Evidence for a Ferredoxin-Dependent Choline Monooxygenase from Spinach Chloroplast Stroma

Abstract

Chenopods synthesize betaine in the chloroplast via a two-step oxidation of choline: choline .fwdarw. betaine aldehyde .fwdarw. betaine. Our previous experiments iwth intact chloroplasts, and in vivo 18O2 labeling studies, led us to propose that the first step is mediated by a monooxygenase which uses photosynthetically generated reducing power (C Lerma, AD Hanson, D Rhodes [1988] Plant Physiol 88: 695-702). Here, we report the detection of such an activity in vitro.
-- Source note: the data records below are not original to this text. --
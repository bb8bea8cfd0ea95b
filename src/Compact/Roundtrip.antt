-- ===== src/Compact/Roundtrip.antt =====
-- src/ipc_lib.rs: compact amounts, written and read.
use bitcoin_ipc.Prelude.{
  ℕ, suc, ◌+◌, ◌-◌, ◌%◌, ◌^◌, ◌<◌, ◌≤◌, ◌==◌, ◌≡◌, refl, ap, ◌∙◌, ltb, Bool, true, false, Option,
  some, List, [], ◌∷◌, ◌++◌, length, arith, ==_iff, Bool-cases, inl, inr,
}
use bitcoin_ipc.Result.{ok}
use bitcoin_ipc.Bytes.{le_bytes, be_bytes, from_be_bytes, from_be_bytes-be_bytes}
use bitcoin_ipc.Records.{ℤ, is_negative, unsigned_abs}
use bitcoin_ipc.Compact.{
  skip_zeros, encode_magnitude, zeros, decode_magnitude, serialize_i256, deserialize_i256,
}

-- The zeros that are skipped and what is left.
skip_zeros-pads :
    (bytes : List ℕ)
    → (k : ℕ) × (zeros k ++ skip_zeros bytes ≡ bytes)
      × (k + length (skip_zeros bytes) ≡ length bytes)
unfolding skip_zeros zeros
skip_zeros-pads [] = (0, refl, refl)
skip_zeros-pads (b ∷ bytes) = elim (Bool-cases (b == 0)) [
  | inl e ↦
      let (k, same, sized) = skip_zeros-pads bytes in
      (suc k, rw e (rw ((==_iff b 0).0 e) (ap (λ l. 0 ∷ l) same)), rw e (omega (arith, sized)))
  | inr e ↦ (0, rw e refl, rw e (omega arith))
]

pub length-be_bytes : (x : ℕ) → length (be_bytes 32 x) ≡ 32
unfolding be_bytes le_bytes
length-be_bytes x = refl

decode-padded :
    (head n : ℕ) (payload : List ℕ)
    → head % 128 ≡ n
    → n ≤ 32
    → length payload ≡ n
    → decode_magnitude (head ∷ payload) ≡ ok (from_be_bytes (zeros (32 - n) ++ payload))
unfolding decode_magnitude
decode-padded head n payload e h sized = rw (e, short n h, exact (length payload) n sized) refl
  where
    short : (n : ℕ) → n ≤ 32 → ltb 32 n ≡ false
    short n h = ground arith

    exact : (l n : ℕ) → l ≡ n → (suc l == 1 + n) ≡ true
    exact l n h = ground arith

decode_payload :
    (x head : ℕ)
    → x < 256 ^ 32
    → head % 128 ≡ length (skip_zeros (be_bytes 32 x))
    → decode_magnitude (head ∷ skip_zeros (be_bytes 32 x)) ≡ ok x
decode_payload x head h e =
    let (k, same, sized) = skip_zeros-pads (be_bytes 32 x) in
    let long = length-be_bytes x in
    let payload = skip_zeros (be_bytes 32 x) in
    decode-padded head (length payload) payload e (omega (arith, sized, long)) refl
    ∙ ap (λ n. ok (from_be_bytes (zeros n ++ payload))) (omega (arith, sized, long))
    ∙ ap (λ l. ok (from_be_bytes l)) same
    ∙ ap (λ n. ok n) (from_be_bytes-be_bytes 32 x h)

payload_small : (x : ℕ) → length (skip_zeros (be_bytes 32 x)) ≤ 32
payload_small x =
    let (k, same, sized) = skip_zeros-pads (be_bytes 32 x) in
    omega (arith, sized, length-be_bytes x)

-- A U256 takes at most 33 bytes and is read back from them.
pub decode_magnitude-encode_magnitude :
    (x : ℕ)
    → x < 256 ^ 32
    → (decode_magnitude (encode_magnitude x) ≡ ok x) × (length (encode_magnitude x) ≤ 33)
unfolding encode_magnitude
decode_magnitude-encode_magnitude x h =
    let small = payload_small x in
    (
      decode_payload x (length (skip_zeros (be_bytes 32 x))) h (omega (arith, small)),
      omega (arith, small),
    )

sign_set :
    (n : ℕ) → n ≤ 32 → (ltb n 128 ≡ true) × (ltb (n + 128) 128 ≡ false) × ((n + 128) % 128 ≡ n)
sign_set n h = (ground arith, ground arith, omega arith)

-- An I256, which its sign and its magnitude below 2^256 make, takes at most 33 bytes and is read back
-- from them.
pub deserialize_i256-serialize_i256 :
    (from_sign_and_abs : Bool → ℕ → Option ℤ) (v : ℤ)
    → unsigned_abs v < 256 ^ 32
    → from_sign_and_abs (is_negative v) (unsigned_abs v) ≡ some v
    → (deserialize_i256 from_sign_and_abs (serialize_i256 v) ≡ ok v)
      × (length (serialize_i256 v) ≤ 33)
unfolding serialize_i256 deserialize_i256
deserialize_i256-serialize_i256 from_sign_and_abs v h made =
    let x = unsigned_abs v in
    let n = length (skip_zeros (be_bytes 32 x)) in
    let small = payload_small x in
    let (low, high, kept) = sign_set n small in
    elim (Bool-cases (is_negative v)) [
      | inl e ↦ (
        rw (e, low, decode_payload x (n + 128) h kept, high, ← e, made) refl,
        rw e (omega (arith, small)),
      )
      | inr e ↦ (
        rw (e, decode_payload x n h (omega (arith, small)), low, ← e, made) refl,
        rw e (omega (arith, small)),
      )
    ]
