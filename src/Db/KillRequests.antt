-- ===== src/Db/KillRequests.antt =====
-- src/db.rs: the kill requests of a subnet, keyed by their height and transaction.
use bitcoin_ipc.Prelude.{ℕ, ◌-◌, Bool, ◌&&◌, List, [], ◌∷◌, retain, leb, ◌==◌, if◌then◌else◌}
use bitcoin_ipc.Types.{Env, SubnetId}
use bitcoin_ipc.Records.{KillRequest}
use bitcoin_ipc.Db.{Db, update}

-- `KILL_REQUEST_VALID_BLOCKS`
abbrev pub kill_request_valid_blocks : Bool → ℕ
kill_request_valid_blocks dev = if dev then 3 else 36

unfoldable pub put_request : KillRequest → List KillRequest → List KillRequest
put_request r [] = r ∷ []
put_request r (q ∷ requests) =
    if q.block_height == r.block_height && q.txid == r.txid
    then r ∷ requests
    else q ∷ put_request r requests

unfoldable pub add_kill_request : Db → SubnetId → KillRequest → Db
unfolding put_request
add_kill_request db id r = record db {
  kill_requests = update db.kill_requests id (put_request r (db.kill_requests id));
}

unfoldable pub get_valid_kill_requests : Env → Db → SubnetId → ℕ → List KillRequest
get_valid_kill_requests env db id height =
    retain (λ r. leb (height - kill_request_valid_blocks env.dev) r.block_height)
      (db.kill_requests id)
In the presence of O2 and reduced ferredoxin, the stromal fraction from spinach (Spinacia oleracea) chloroplasts converted choline to betaine aldehyde at rates similar to those in intact chloroplasts (20-50 nanomoles per hour per milligram protein). Incorporation of 18O from 18O2 by the in vitro reaction was demonstrated by fast atom bombardment mass spectrometry. Ferredoxin could be reduced either with thylakoids in the light, or with NADH plus ferredoxin-NADP reductase in darkness; NADH alone could not substitute for ferrodoxin. No choline-oxidizing acitivity was detected in the stromal fraction of pea (Pisum sativum L.), a species that does not accumulate betaine. The spinach choline-oxidizing enzyme was stimulated by 10 millometer Mg2+, had a pH optimum close to 8, and was insensitive to carbon monoxide. The specific activity was increased threefold in plants growing in 200 millimolar NaCl. Gel filtration experiments gave a molecular weight of 98 kilodaltons for the choline-oxidizing enzyme, and provided no evidence for other electron carriers which might mediate the reduction of the 98-kilodalton enzyme by ferrodoxin.